Reform der Lebensversicherung: Verbraucher müssen sich auf Einschnitte gefasst machen

Reform der Lebensversicherung: Verbraucher müssen sich auf Einschnitte gefasst machen

Der Klassiker der Altersvorsorge steckt in der Zinsfalle. Jetzt greift die Politik ein. Sie verordnet Verbrauchern und Unternehmen Einschnitte. Kann die Reform der Branche helfen?

Die Zeiten sind hart für Lebensversicherer und ihre Kunden. Die Niedrigzinsen setzen der Branche zu und nagen an den Renditen des Altersvorsorge-Klassikers.

Der Bundestag hat am Freitag ein Paket zur Stabilisierung der Branche verabschiedet. Das Gesetz verlangt Unternehmen und Millionen Versicherten einiges ab. Ob es der Branche tatsächlich hilft, ist umstritten. Nach Einschätzung der Bundesbank wird sich die Zahl der gefährdeten Unternehmen immerhin deutlich verringern.

"Es gibt sinnvolle Änderungen zum Beispiel bei den Bewertungsreserven, insgesamt verlangt das Paket der Branche aber auch einige Zugeständnisse ab", sagt Lars Heermann von der Branchen-Ratingagentur Assekurata. Entlastet werden die Unternehmen durch Änderungen bei der Beteiligung der Kunden an den Kursgewinnen festverzinslicher Wertpapiere, die in den Büchern der Assekuranzen stehen.

Für demnächst ausscheidende Versicherte bedeutet dies finanzielle Einbußen. Bisher müssen sie zur Hälfte an den sogenannten Bewertungsreserven beteiligt werden. Das geht zu Lasten der Kunden, deren Verträge noch lange laufen. Denn den Unternehmen fällt es wegen die Niedrigzinsen an den Kapitalmärkten immer schwerer, versprochene Garantien aus Altverträgen zu erwirtschaften.

Kernpunkt der Reform: Bewertungsreserven, auch stille Reserven genannt, sollen künftig nur noch in dem Maße ausgeschüttet werden, wie Garantiezusagen für die restlichen Versicherten auch sicher sind.
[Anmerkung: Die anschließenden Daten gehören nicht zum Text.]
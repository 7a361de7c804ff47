-- ===== src/Encoder/Encode/Session.antt =====
-- An encoder of src/encoder/encoder_controller.cpp from `init` on, over any calls.
use spout_relay.Base.{ℕ, suc, Bool, true, false, List, [], ◌∷◌, ◌≡◌, refl, sym, subst, arith}
use spout_relay.Common.Types.{FrameBuffer, EncoderConfig}
use spout_relay.Encoder.Types.{EncodedPacket, SentFrame, Encoder, IsReady, request_next_idr}
use spout_relay.Encoder.Init.{CodecAnswers, init}
use spout_relay.Encoder.Init.Ready.{Result, init-Result}
use spout_relay.Encoder.Encode.{EncodeAnswers, encode}
use spout_relay.Encoder.Encode.Sent.{Advanced, unsent, sent, encode-Advanced, encode-IsReady}

-- The encoders that calls of `encode` and `request_next_idr` lead to from one that `init` set up.
pub data Ran : Encoder → Type 0 where
  opened :
      (attempts : ℕ → CodecAnswers) (config : EncoderConfig) (width height : ℕ) (device : Bool)
      (format : ℕ) (e : Encoder)
      → (init attempts config width height device format e).0 ≡ true
      → Ran (init attempts config width height device format e).2
  encodes :
      {e : Encoder}
      → Ran e
      → (a : EncodeAnswers) (frame : FrameBuffer) (content_changed : Bool)
        (out : List EncodedPacket)
      → Ran (encode a frame content_changed out e).2
  requests : {e : Encoder} → Ran e → Ran (request_next_idr e)

-- The frames, newest first, are numbered down to 0 from the one before `n`.
pub data IsNumbered : ℕ → List SentFrame → Type 0 where
  none_yet : IsNumbered 0 []
  and_next :
      {n : ℕ} {f : SentFrame} {fs : List SentFrame}
      → f.pts ≡ n
      → IsNumbered n fs
      → IsNumbered (suc n) (f ∷ fs)

record Good (e : Encoder) : Type 0 where
  ready : IsReady e
  numbered : IsNumbered e.frame_count e.sent

set_up :
    (config : EncoderConfig) (ok : Bool) (e : Encoder) → ok ≡ true → Result config ok e → Good e
set_up config true e h r = record {
  ready = r.ready;
  numbered =
      subst (λ n. IsNumbered n e.sent) (sym r.none_counted)
        (subst (IsNumbered 0) (sym r.no_frames) none_yet);
}
set_up config false e h r = cc

advanced :
    {e e' : Encoder}
    → Advanced e e'
    → IsNumbered e.frame_count e.sent
    → IsNumbered e'.frame_count e'.sent
advanced {e} {e'} (unsent p q r) n =
    subst (λ k. IsNumbered k e'.sent) (sym q) (subst (IsNumbered e.frame_count) (sym p) n)
advanced {e} {e'} (sent picture p q r) n =
    subst (λ k. IsNumbered k e'.sent) (sym q)
      (subst (IsNumbered (suc e.frame_count)) (sym p) (and_next refl n))

ran : {e : Encoder} → Ran e → Good e
unfolding request_next_idr
ran (opened attempts config width height device format e ok) =
    set_up config _ _ ok (init-Result attempts config width height device format e)
ran (encodes {e} r a frame changed out) =
    let g = ran r in
    record {
      ready = encode-IsReady a frame changed out e g.ready;
      numbered = advanced (encode-Advanced a frame changed out e) g.numbered;
    }
ran (requests {e} r) = let g = ran r in record { ready = ground arith; numbered = g.numbered }

-- In any session of the encoder, from a successful `init` over any calls of `encode` and
-- `request_next_idr`, the frames given to the codec have the presentation times 0, 1, 2, … with
-- none left out or used twice, also where calls failed in between.
pub Ran-IsNumbered : {e : Encoder} → Ran e → IsNumbered e.frame_count e.sent
Ran-IsNumbered r = (ran r).numbered

-- In any such session the objects that `encode` works on stay held, and no call of `encode` has gone
-- through an empty `d3d_ctx`.
pub Ran-IsReady : {e : Encoder} → Ran e → IsReady e
Ran-IsReady r = (ran r).ready
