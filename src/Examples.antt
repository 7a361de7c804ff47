-- ===== src/Examples.antt =====
-- Concrete inputs, and the theorems at them.
mod Inputs
mod Components
mod Running
mod Settings
mod Dump
mod Log
mod Files
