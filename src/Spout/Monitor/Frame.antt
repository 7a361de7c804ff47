-- ===== src/Spout/Monitor/Frame.antt =====
-- The frames of `receive_latest_frame` in src/spout/spout_monitor.cpp: their size and their number.
use spout_relay.Base.{
  ℕ, zero, suc, ◌+◌, ◌%◌, ◌^◌, Bool, true, false, not, ◌&&◌, ◌||◌, ◌==◌, List, [], ◌∷◌, Option,
  none, some, ◌≡◌, refl, sym, ap, ◌∙◌, length, if◌then◌else◌, choose,
}
use spout_relay.Common.Types.{FrameBuffer, FrameMeta}
use spout_relay.Spout.Monitor.{
  SpoutMonitor, Reception, Received, resize, byte_size, size_changed, take_over, stamp,
  receive_texture, receive_image, receive_sized, ask_size, receive_latest_frame,
}

pub length-resize : (n : ℕ) (xs : List ℕ) → length (resize n xs) ≡ n
unfolding resize
length-resize zero xs = refl
length-resize (suc n) [] = ap suc (length-resize n [])
length-resize (suc n) (x ∷ xs) = ap suc (length-resize n xs)

-- What `ReceiveImage` writes into the buffer it is given has the buffer's length.
pub record InPlace (a : Reception) : Type 0 where
  pub same_length : (pixels : List ℕ) → length (a.image pixels) ≡ length pixels

-- A frame with the next number, whose bytes are those of its size: all of them without the GPU, and
-- none with it.
pub record IsWhole (m : SpoutMonitor) (r : Received) : Type 0 where
  pub next : r.monitor.sequence ≡ (m.sequence + 1) % 2 ^ 64
  pub number : r.info.sequence ≡ r.monitor.sequence
  pub width : r.info.width ≡ r.buf.width
  pub height : r.info.height ≡ r.buf.height
  pub mode : r.monitor.gpu_mode ≡ m.gpu_mode
  pub bytes : length r.buf.pixels ≡ (if m.gpu_mode then 0 else byte_size r.buf.width r.buf.height)

-- Without a frame the number stays.
pub data Answer (m : SpoutMonitor) (r : Received) : Type 0 where
  whole : r.ok ≡ true → IsWhole m r → Answer m r
  no_frame : r.ok ≡ false → r.monitor.sequence ≡ m.sequence → Answer m r

-- A call that has not got a frame yet.
record Open (m : SpoutMonitor) (r : Received) : Type 0 where
  failed : r.ok ≡ false
  same_number : r.monitor.sequence ≡ m.sequence
  same_mode : r.monitor.gpu_mode ≡ m.gpu_mode

-- Number and mode are those of the monitor at the call.
record Untouched (m n : SpoutMonitor) : Type 0 where
  number : n.sequence ≡ m.sequence
  mode : n.gpu_mode ≡ m.gpu_mode

take_over-Untouched :
    (b : Bool) (a : Reception) (w h : ℕ) (m n : SpoutMonitor)
    → Untouched m n
    → Untouched m (if b then take_over a w h n else n)
unfolding take_over
take_over-Untouched b a w h m n u =
    choose (Untouched m) b (λ _. record { number = u.number; mode = u.mode }) (λ _. u)

stamp-Answer :
    (a : Reception) (w h : ℕ) (buf : FrameBuffer) (is_new : Bool) (m n : SpoutMonitor)
    → Untouched m n
    → buf.width ≡ w
    → buf.height ≡ h
    → length buf.pixels ≡ (if m.gpu_mode then 0 else byte_size buf.width buf.height)
    → Answer m (stamp a w h buf is_new n)
unfolding stamp
stamp-Answer a w h buf is_new m n u ew eh bytes = whole refl (record {
  next = ap (λ k. (k + 1) % 2 ^ 64) u.number;
  number = refl;
  width = sym ew;
  height = sym eh;
  mode = u.mode;
  bytes = bytes;
})

when_true : (b : Bool) (x y : ℕ) → b ≡ true → (if b then x else y) ≡ x
unfolding if◌then◌else◌
when_true b x y e = rw e refl

when_false : (b : Bool) (x y : ℕ) → b ≡ false → (if b then x else y) ≡ y
unfolding if◌then◌else◌
when_false b x y e = rw e refl

-- The buffer on the CPU path, with the size that it is resized to at an update event.
image-bytes :
    (changed : Bool) (a : Reception) (w h : ℕ) (pixels : List ℕ)
    → InPlace a
    → let w' = if changed then a.sender_width else w in
      let h' = if changed then a.sender_height else h in
      let copied = a.image (resize (byte_size w h) pixels) in
      length (if changed then resize (byte_size w' h') copied else copied) ≡ byte_size w' h'
unfolding if◌then◌else◌
image-bytes true a w h pixels p = length-resize _ _
image-bytes false a w h pixels p = p.same_length _ ∙ length-resize _ pixels

receive_texture-Answer :
    (a : Reception) (w h : ℕ) (m : SpoutMonitor) (r : Received)
    → Open m r
    → m.gpu_mode ≡ true
    → Answer m (receive_texture a w h r)
unfolding receive_texture
receive_texture-Answer a w h m r o g =
    choose (Answer m) a.device_removed (λ _. no_frame o.failed o.same_number)
      λ _.
        choose (Answer m) (not a.received) (λ _. no_frame o.failed o.same_number)
          λ _.
            stamp-Answer a _ _ _ _ m _
              (take_over-Untouched _ a w h m r.monitor
                (record { number = o.same_number; mode = o.same_mode }))
              refl refl (sym (when_true _ _ _ g))

receive_image-Answer :
    (a : Reception) (w h : ℕ) (m : SpoutMonitor) (r : Received)
    → InPlace a
    → Open m r
    → m.gpu_mode ≡ false
    → Answer m (receive_image a w h r)
unfolding receive_image
receive_image-Answer a w h m r p o g =
    choose (Answer m) (not a.received) (λ _. no_frame o.failed o.same_number)
      λ _.
        stamp-Answer a _ _ _ _ m _
          (take_over-Untouched _ a w h m r.monitor
            (record { number = o.same_number; mode = o.same_mode }))
          refl refl
          (image-bytes (a.updated && size_changed a w h) a w h r.buf.pixels p
            ∙ sym (when_false _ _ _ g))

receive_sized-Answer :
    (a : Reception) (w h : ℕ) (m : SpoutMonitor) (r : Received)
    → InPlace a
    → Open m r
    → Answer m (receive_sized a w h r)
unfolding receive_sized
receive_sized-Answer a w h m r p o =
    choose (Answer m) r.monitor.gpu_mode
      (λ g. receive_texture-Answer a w h m r o (sym o.same_mode ∙ g))
      (λ g. receive_image-Answer a w h m r p o (sym o.same_mode ∙ g))

ask_size-Answer :
    (a : Reception) (o : Option (ℕ × ℕ)) (m : SpoutMonitor) (r : Received)
    → InPlace a
    → Open m r
    → Answer m (ask_size a o r)
unfolding ask_size
ask_size-Answer a none m r p o = no_frame o.failed o.same_number
ask_size-Answer a (some (w, h)) m r p o =
    choose (Answer m) (w == 0 || h == 0) (λ _. no_frame o.failed o.same_number)
      λ _.
        receive_sized-Answer a w h m _ p
          (record { failed = o.failed; same_number = o.same_number; same_mode = o.same_mode })

-- Given that `ReceiveImage` writes within the buffer it is handed, each call of
-- `receive_latest_frame` either succeeds, with the next sequence number, a description of the size
-- of the buffer, and, off the GPU, exactly four bytes (modulo 2^64) for each pixel of that size, also
-- when the sender changes its size within the call; or it fails and uses no sequence number up.
pub receive_latest_frame-Answer :
    (a : Reception) (buf : FrameBuffer) (info : FrameMeta) (is_new : Bool) (m : SpoutMonitor)
    → InPlace a
    → Answer m (receive_latest_frame a buf info is_new m)
unfolding receive_latest_frame
receive_latest_frame-Answer a buf info is_new m p =
    let r : Received = record {
      ok = false;
      buf = buf;
      info = info;
      is_new = is_new;
      monitor = m;
    } in
    let o : Open m r = record { failed = refl; same_number = refl; same_mode = refl } in
    choose (Answer m) (not m.connected) (λ _. no_frame refl refl)
      λ _.
        choose (Answer m) (m.current_info.width == 0 || m.current_info.height == 0)
          (λ _. ask_size-Answer a a.sender_size m r p o) (λ _. receive_sized-Answer a _ _ m r p o)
Nicht betroffen sind Anlagen der Unternehmen in Aktien und Immobilien.

Etwa zwei Milliarden der drei Milliarden Euro, die Kunden im vergangenen Jahr erhielten, stammten allerdings aus festverzinslichen Papieren. "Signifikante Senkungen sind daher zu erwarten, wie hoch die Einbußen ausfallen, hängt vom Einzelfall ab", sagt Lars Gatschke vom Verbraucherzentrale Bundesverband (VZBV).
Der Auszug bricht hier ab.